The second question:

Not all ancient books have no punctuation marks. Punctuation didn't appear in ancient books before the Song Dynasty until after the Song Dynasty. When people in Song Dynasty were reading, they drew a circle at the end of the sentence, which was called a sentence, and drew a dot in the sentence, which was called reading funny. Sometimes there are only unread sentences left.

Even so, although ancient people read sentences, they seldom read them. People basically break sentences by their own sense of language when reading.

People who study often read and break until they can fully understand the article, so the ancients attached great importance to the training of reading sentences. Book of rites? In Xue Ji, there is a saying that "one year is distinguished by the classics". Zheng Xuan's Note: "If you leave the classics, you can't break the sentence." That is, interrupting sentences from ancient books. It can be seen that sentence breaking is the first step of ancient enlightenment education.

There is no need for readers to add passages from ancient Chinese. When the book is printed, it is already a semicolon paragraph, and the vertical version of the book is only a paragraph on the right.

Some ancient annotation books we see now, that is, ancient annotations of ancient books, are basically annotated with sentences. When annotating a book, the annotator naturally annotates it according to the sentence read, so we can now understand the ancient sentence-breaking method through the ancient annotation book.

Because there are still a few books read by the ancients, the punctuation marks of ancient books (especially punctuation marks other than periods and commas) are basically added after the May 4th Movement. "Five? During the Fourth New Culture Movement, some scholars advocated new punctuation marks and used them to punctuate ancient books.

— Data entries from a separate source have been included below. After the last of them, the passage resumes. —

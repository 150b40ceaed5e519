-- ===== src/Networking/GuestList/Examples.antt =====
-- The guest list run on small inputs, and its theorems at them.
use aevros.Base.{ℕ, ◌≡◌, refl, true, List, [], ◌∷◌, arith, bytes_eq, find, update_first, count_if}
use aevros.Networking.GuestList.{
  no_rule, allowed, denied, Entry, empty, set, set_timed, tick, check, count, find_entry,
}
use aevros.Networking.GuestList.Lookup.{check-set}
use aevros.Networking.GuestList.Unique.{
  IsUnique, Call, sets, sets_timed, clears, ticks, run, step, run-IsUnique,
}
use aevros.Networking.GuestList.Expiry.{check-tick-set_stale}

abbrev router : List ℕ
router = 10 ∷ 0 ∷ 2 ∷ 2 ∷ []

abbrev stranger : List ℕ
stranger = 192 ∷ 168 ∷ 0 ∷ 9 ∷ []

abbrev calls : List Call
calls = sets router allowed ∷ sets_timed 100 stranger denied 50 ∷ []

rules : List Entry
rules = run empty calls

rules-IsUnique : IsUnique rules
unfolding rules
rules-IsUnique = run-IsUnique calls

two_rules : count rules ≡ 2
unfolding rules run step set set_timed count count_if find update_first bytes_eq
two_rules = refl

check-set_example : check stranger (set router denied empty).0 ≡ no_rule
unfolding set check find update_first bytes_eq
check-set_example = (check-set router stranger denied empty refl).1

run-IsUnique_example : IsUnique (run empty (sets router allowed ∷ ticks 7 ∷ clears router ∷ []))
run-IsUnique_example = run-IsUnique (sets router allowed ∷ ticks 7 ∷ clears router ∷ [])

abbrev banned : Entry
banned = record { ip = stranger; action = denied; expires_at_tick = 150; in_use = true }

check-tick-set_stale_example : check stranger (tick 150 (set stranger allowed rules).0) ≡ no_rule
unfolding rules run step set_timed set find_entry find update_first bytes_eq
check-tick-set_stale_example =
    check-tick-set_stale stranger allowed rules rules-IsUnique 150 banned refl (omega arith)
      (omega arith)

Punctuation is used in sentence reading now. 195 1 year, the General Administration of Publishing of the Central People's Government published Usage of Punctuation, which has fourteen kinds of * * *, that is, full stop (. ), semicolon (; ), comma (,), pause (,), colon (:), question mark (? ), exclamation point (! ), quotation marks (""), brackets (), ellipsis (...), dash (-), bullet (? Under the word), the title (? ), proper nouns (-added under the word), and an interval (. B) in the word. The first eight are collectively referred to as dot numbers, and the last six are collectively referred to as labels with interval numbers. Since the founding of the People's Republic of China, the state has attached great importance to the collation of ancient books, and important ancient books, including medical works, have been published in punctuation. However, compared with the vast number of ancient books, including ancient medical books, punctuated or punctuated ancient books still account for only a small proportion. However, it is not easy to break sentences and punctuation, among which the good and the bad are mixed, and the broken sentences and punctuation in ancient Chinese medicine books are worse than others.

There are so many ancient books in China that it is impossible for all the books to be punctuated by professionals. Therefore, if you read an ancient book without punctuation, you should punctuate it yourself.

For ordinary readers, how to break sentences is introduced in detail in our textbooks, which you can find in major bookstores.

Published by Peking University Publishing House

Guo Xiliang, Jiang and other editors

The cover of this book is blue.

The knowledge about reading sentences is in the second volume.